A crap load more expensive for sanitary butterfly valves, check out geordi's prices
http://www.geordi.com.au/Products45.htm


----------



## Batz (23/9/06)

Borret said:


> I believe he got them from this place..
> 
> Winequip
> 
> Brent




Cheers Brent
I'll check-out a couple of plastic joints first.
I think these are a great idea,I am going to make up a couple straight off  

Batz


----------



## johnno (23/9/06)

I also think this is a great idea.
As Thirsty Boy has done a brew in one with no problems it seems that the concept is fine.

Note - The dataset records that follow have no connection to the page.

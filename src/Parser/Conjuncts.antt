-- ===== src/Parser/Conjuncts.antt =====
-- A WHERE clause is the sequence of its conditions, and a constant may stand on either side of a
-- comparison: komfydb/parser.cc.
use mathlib.Core.Path.{fun_ext}
use komfy_db.Base.{◌≡◌, refl, sym, ap, ◌∙◌, List, [], ◌∷◌, ◌++◌, Bytes}
use komfy_db.Base.State.{State, ◌>>=◌, ◌>>◌, after, return}
use komfy_db.Base.Status.{StatusOr, ok, err, fault, no_fuel}
use komfy_db.Common.Field.{Field, int_field, string_field}
use komfy_db.Common.Op.{Op, flip}
use komfy_db.Execution.LogicalPlan.{LogicalPlan}
use komfy_db.Execution.LogicalPlan.Build.{Building}
use komfy_db.Parser.Condition.{
  parse_filter, parse_simple_expression, is_literal, is_constant_expr, is_join,
}
use komfy_db.Parser.Select.{parse_where_expression}
use komfy_db.Parser.Syntax.{Expr, operator, op_and, column_ref, literal_int, literal_string}
use komfy_db.Storage.Catalog.{Catalog}

-- The conditions between the ANDs of an expression, from left to right.
pub conjuncts : Expr → List Expr
conjuncts Expr.null = []
conjuncts (operator op_and expr expr2) = conjuncts expr ++ conjuncts expr2
conjuncts expr = expr ∷ []

module _ {S A B : Type 0} where
  then_assoc :
      (f : A → State S B) {C : Type 0} (g : B → State S C) (s : S) (r : StatusOr A)
      → after g (after f s r).0 (after f s r).1 ≡ after (λ a. f a >>= g) s r
  then_assoc f g s (ok a) = refl
  then_assoc f g s (err c) = refl
  then_assoc f g s fault = refl
  then_assoc f g s no_fuel = refl

then_return : {S : Type 0} (s : S) (r : StatusOr (Unit {0})) → after (λ _. return tt) s r ≡ (s, r)
then_return s (ok u) = refl
then_return s (err c) = refl
then_return s fault = refl
then_return s no_fuel = refl

then_cong :
    {S : Type 0} (m n k l : State S (Unit {0}))
    → ((s : S) → m s ≡ n s)
    → ((s : S) → k s ≡ l s)
    → (s : S) → (m >> k) s ≡ (n >> l) s
then_cong m n k l h h' s =
    ap (λ x. after (λ (u : Unit {0}). k) (x s).0 (x s).1) (fun_ext h)
    ∙ ap (λ x. after (λ (u : Unit {0}). x) (n s).0 (n s).1) (fun_ext h')

module _ {Sub : Type 0} (pack : LogicalPlan Sub → Sub) (c : Catalog) where
  -- One condition after the other.
  pub parse_each : List Expr → Building Sub
  parse_each [] = return tt
  parse_each (expr ∷ rest) = parse_where_expression pack c expr >> parse_each rest

  parse_each-append :
      (xs ys : List Expr) (p : LogicalPlan Sub)
      → parse_each (xs ++ ys) p ≡ (parse_each xs >> parse_each ys) p
  unfolding parse_each
  parse_each-append [] ys p = refl
  parse_each-append (x ∷ xs) ys p =
      let m = parse_where_expression pack c x in
      ap (λ k. after (λ (u : Unit {0}). k) (m p).0 (m p).1) (fun_ext (parse_each-append xs ys))
      ∙ sym (then_assoc (λ u. parse_each xs) (λ u. parse_each ys) (m p).0 (m p).1)

  parse_each-single :
      (expr : Expr) (p : LogicalPlan Sub)
      → parse_where_expression pack c expr p ≡ parse_each (expr ∷ []) p
  unfolding parse_each
  parse_each-single expr p =
      let m = parse_where_expression pack c expr in sym (then_return (m p).0 (m p).1)

  -- AND is the sequence of its sides.
  parse_and :
      (expr expr2 : Expr) (p : LogicalPlan Sub)
      → parse_where_expression pack c (operator op_and expr expr2) p
        ≡ (parse_where_expression pack c expr >> parse_where_expression pack c expr2) p
  unfolding parse_where_expression
  parse_and expr expr2 p = refl

  parse_null : (p : LogicalPlan Sub) → parse_where_expression pack c Expr.null p ≡ parse_each [] p
  unfolding parse_where_expression parse_each
  parse_null p = refl

  -- Parsing a WHERE clause is parsing the conditions between its ANDs from left to right, however the
  -- ANDs are nested, up to the first one that is refused.
  pub parse_where_expression-conjuncts :
      (expr : Expr) (p : LogicalPlan Sub)
      → parse_where_expression pack c expr p ≡ parse_each (conjuncts expr) p
  unfolding conjuncts
  parse_where_expression-conjuncts Expr.null p = parse_null p
  parse_where_expression-conjuncts (operator op_and expr expr2) p =
      parse_and expr expr2 p
      ∙ then_cong (parse_where_expression pack c expr) (parse_each (conjuncts expr))
          (parse_where_expression pack c expr2) (parse_each (conjuncts expr2))
          (parse_where_expression-conjuncts expr) (parse_where_expression-conjuncts expr2) p
      ∙ sym (parse_each-append (conjuncts expr) (conjuncts expr2) p)
  parse_where_expression-conjuncts expr p = parse_each-single expr p

-- The literal for a constant.
abbrev pub literal_of : Field → Expr
literal_of (int_field v) = literal_int v
literal_of (string_field s) = literal_string s

-- A constant on the left of a comparison with a column is parsed as the column with the flipped operator
-- and the constant on the right.
pub parse_simple_expression-flip :
    {Sub : Type 0} (constant : Field) (op : Op) (table name : Bytes) (subplan : StatusOr Sub)
    (p : LogicalPlan Sub)
    → parse_simple_expression (literal_of constant) op (column_ref table name) subplan p
      ≡ parse_simple_expression (column_ref table name) (flip op) (literal_of constant) subplan p
unfolding parse_simple_expression is_join is_constant_expr parse_filter is_literal
parse_simple_expression-flip (int_field v) op table name subplan p = refl
parse_simple_expression-flip (string_field s) op table name subplan p = refl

Good on him for trying it out and giving brewers a cheap option for a conical fermenter.

cheers
johnno


----------



## andy123 (4/2/10)

Will someone nominate Thirstyboy for a Nobel.I'm getting my tape measure and visiting the LHBS tomarrow.Andy


----------



## Fents (4/2/10)

epic bump from 2006 andy!


----------



## komodo (4/2/10)

Musta used one of these bad boys


----------



## MarkBastard (4/2/10)

Awesome bump indeed. Thirsty Boy obviously wasn't even here at the time?

TB are you still using it?


----------



## yardy (4/2/10)

Komodo said:


> Musta used one of these bad boys



been on the builds of 2 of these, slightly bigger though, anyway..back to the conicals..


----------



## Thirsty Boy (5/2/10)

Mark^Bastard said:


> Awesome bump indeed. Thirsty Boy obviously wasn't even here at the time?
> 
> TB are you still using it?



nah, only used it a few times - dont much need the conical thing. And it was too small, only good for a 17 or so litre brew if I recall. Worked fine, and if you could find 25L buckets rather than 20, you could make it big enough and the seal would be tighter etc.

O-rings used on purpose instead of sealant - specifically so it could be broken down and properly sanitised. I've seen too much mold growing under silicone to trust that stuff.

Mainly made it as a bit of a lark

TB


----------